The innate immune system is involved in the pathophysiology of systemic autoinflammatory diseases (SAIDs), an enlarging group of disorders caused by dysregulated production of proinflammatory cytokines, such as interleukin-1β and tumor necrosis factor-α, in which autoreactive T-lymphocytes and autoantibodies are indeed absent. A widely deranged innate immunity leads to overactivity of proinflammatory cytokines and subsequent multisite inflammatory symptoms depicting various conditions, such as hereditary periodic fevers, granulomatous disorders, and pyogenic diseases, collectively described in this review. Further research should enhance our understanding of the genetics behind SAIDs, unearth triggers of inflammatory attacks, and result in improvement for their diagnosis and treatment.

Figure 1

Anteroposterior radiograph performed in a 12-year-old boy with chronic infantile neurological cutaneous and articular (CINCA) syndrome, showing a calcified mass-like region in the physis of the distal femur (see white arrows).
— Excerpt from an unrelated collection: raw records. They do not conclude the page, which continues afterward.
-- ===== src/Lib.antt =====
-- ZNNext: the kernel module that records execs, and the loader that the injector puts into processes.
--
-- The parts, with the file that models each:
--
--   Kpm        kpm/src. The kernel module keeps a ring of the last 64 execs. Kpm/Ring.antt has the ring,
--              its writer `znn_note_exec` and the reader `znn_channel_write_records`; Kpm/Channel.antt
--              the hook on `prctl` that serves it; Kpm/Control.antt the control call `read [n]`;
--              Kpm/Format.antt the text of a record; Kpm/Lifecycle.antt loading and unloading. The
--              static variables are the record `Znn`. The kernel's functions, its memory and the copy to
--              user space are the record `Kernel`, and KernelPatch's hooks the record `KernelPatch`: both
--              are arguments. User memory is a function from addresses to bytes.
--   Boot       loader/src/module/plan.cpp and loader/src/ipc/plan.h against injector/src/plan.rs. The
--              injector encodes the boot plan (Boot/Plan/Encode.antt), the loader parses it
--              (Boot/Plan.antt). Reading behind the readable bytes is the outcome `fault`.
--   Hook       loader/src/hook, loader/src/config/hooks.cpp and loader/src/api/hook.cpp. Hook/Engine.antt
--              has the engines, their names and their selection; Hook/Dispatch.antt the inline hooks with
--              the set of claimed addresses; Hook/Dispatch/Race.antt calls by several threads, as steps;
--              Hook/Plt.antt the PLT hooks and the mapping that they are for.
--              What a build for a processor leaves out is a test on `Arch`. Hook/Backend.antt has the
--              backends, loader/src/hook/backend: Lsplt, Plti, Bytehook and Xhook for PLT hooks, And64 and
--              Inline for inline hooks, and the promise of a PLT engine in Hook/Backend/Contract.antt. The
--              hooking libraries are parameters.
--   Elf        loader/src/utils/elf_util.cpp: the entries of /proc/self/maps and the search for a
--              library's load address (Elf/Maps.antt), and the search in the dynamic symbol table of a
--              loaded library (Elf/Dynamic.antt), whose memory is a parameter. Elf/Image.antt has the
--              reading of ELF headers, Elf/Image/Symbols.antt the parsing of sections, symbols and
--              .gnu_debugdata, and Elf/Image/Open.antt the constructor and the lookups of `ElfImage` with
--              loader/src/api/symbols.cpp. A read outside the readable bytes has no result.
--   Hyos       loader/src/hyos: the runtime that tells modules of apps that the HYOS spawner forks.
--              Hyos/State.antt has its state; Hyos/Runtime.antt registration and delivery; Hyos/Hooks.antt
--              the installation of its hooks; Hyos/Events.antt what happens in a process, as a sequence
--              of events; Hyos/Capture.antt threads that capture and deliver a name, as steps. What a
--              hooked function returns is part of the event.
--   Debugdata  loader/src/utils/debugdata.cpp and loader/src/config/debugdata.cpp: unpacking
--              .gnu_debugdata. The loops run on fuel, and nine rounds are enough: the output doubles from
--              256 KiB up to 64 MiB. The decoders are parameters.
--   Companion  loader/src/ipc/channel.cpp and loader/src/api/companion.cpp: how a module reaches its
--              companion. A function takes the answers of its system calls, for a loop the list of its
--              rounds' answers, and gives the descriptors that it opened and closed. A loop that waits
--              for a peer ends with the list, as its deadline ends it.
--   Loader     loader/src/entry.cpp (Loader/Entry.antt), loader/src/module/loader.cpp and
--              loader/src/utils/dlext.cpp (Loader/Modules.antt), loader/src/process/self.cpp
--              (Loader/Process.antt), loader/src/api/table.cpp and loader/src/api/runtime.cpp
--              (Loader/Api.antt): the injector calls the entry with the plan, which sets the engines and
--              the runtime and calls each module with its handle and its table of the API.
--   Probe      injector/bpf/exec.bpf.c: the event that the eBPF probe submits for an exec.
--   Text       `std::to_string`, and texts put together around a separator.
--   Base       Numbers, lists and Boolean tests that the parts share.
--
-- Conventions. Machine integers are natural numbers whose wrap-around is written out (`% 2 ^ 64`), signed
-- ones are `ℤ`. Pointers are addresses, 0 for a null pointer. A C string is its bytes without the NUL. The
-- loops of the kernel module run as many rounds as the source computes before it enters them, so no fuel
-- is needed there; the digit loop has the 20 rounds that its buffer has room for, which 64-bit numbers never
-- exceed.
--
-- Not modelled: log lines; vendored libraries; the injector, but for the encoder of the boot plan and the
-- eBPF probe; the web interface; the layout of 32-bit ELF files; and what a module does when it is called.
pub mod Base
pub mod Kpm
pub mod Boot
pub mod Hook
pub mod Elf
pub mod Hyos
pub mod Debugdata
pub mod Companion
pub mod Loader
pub mod Probe
pub mod Text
Osteoarthropathy of CINCA patients is a unique feature of this condition, caused by abnormal endochondral bone growth, mainly affecting large joints and long bones, beginning in the first infancy and causing striking changes until skeletal maturity.

Figure 2

Schematic representation of the main pathophysiologic mechanisms involved in the less frequently diagnosed systemic autoinflammatory diseases. Blau syndrome (BLAU) and NLRP12-associated autoinflammatory disorder (NLRP12-AD) are caused by altered nuclear factor-κB (NF-κB) regulation, caused, respectively, by NOD2 and NLRP12 gene mutations. Deficiency of the interleukin-1 (IL-1) receptor antagonist (DIRA) and deficiency of interleukin-36 (IL-36) receptor antagonist (DITRA) are linked to mutations of genes coding, respectively, for IL-1 receptor antagonist (IL-1Ra) and IL-36 receptor antagonist (IL-36Ra). These mutations lead to the loss of IL-1β and IL-36 natural inhibition, resulting in uncontrolled proinflammatory responses. PAPA syndrome (PAPAs) is associated with increased IL-1β processing and secretion, as a consequence of proline-serine-threonine phosphatase-interacting protein 1 (PSTPIP1) gene mutations. Proteasome-associated diseases (PAD) are caused by mutations in the proteasome subunit beta type 8 (PSMB8), which lead to the accumulation of ubiquitinated proteins (Ub-proteins) and in turn to p38 phosphorylation, resulting in enhanced proinflammatory responses.

Figure 3

Cold-induced skin rash in a young patient with NLRP12-associated autoinflammatory disorder.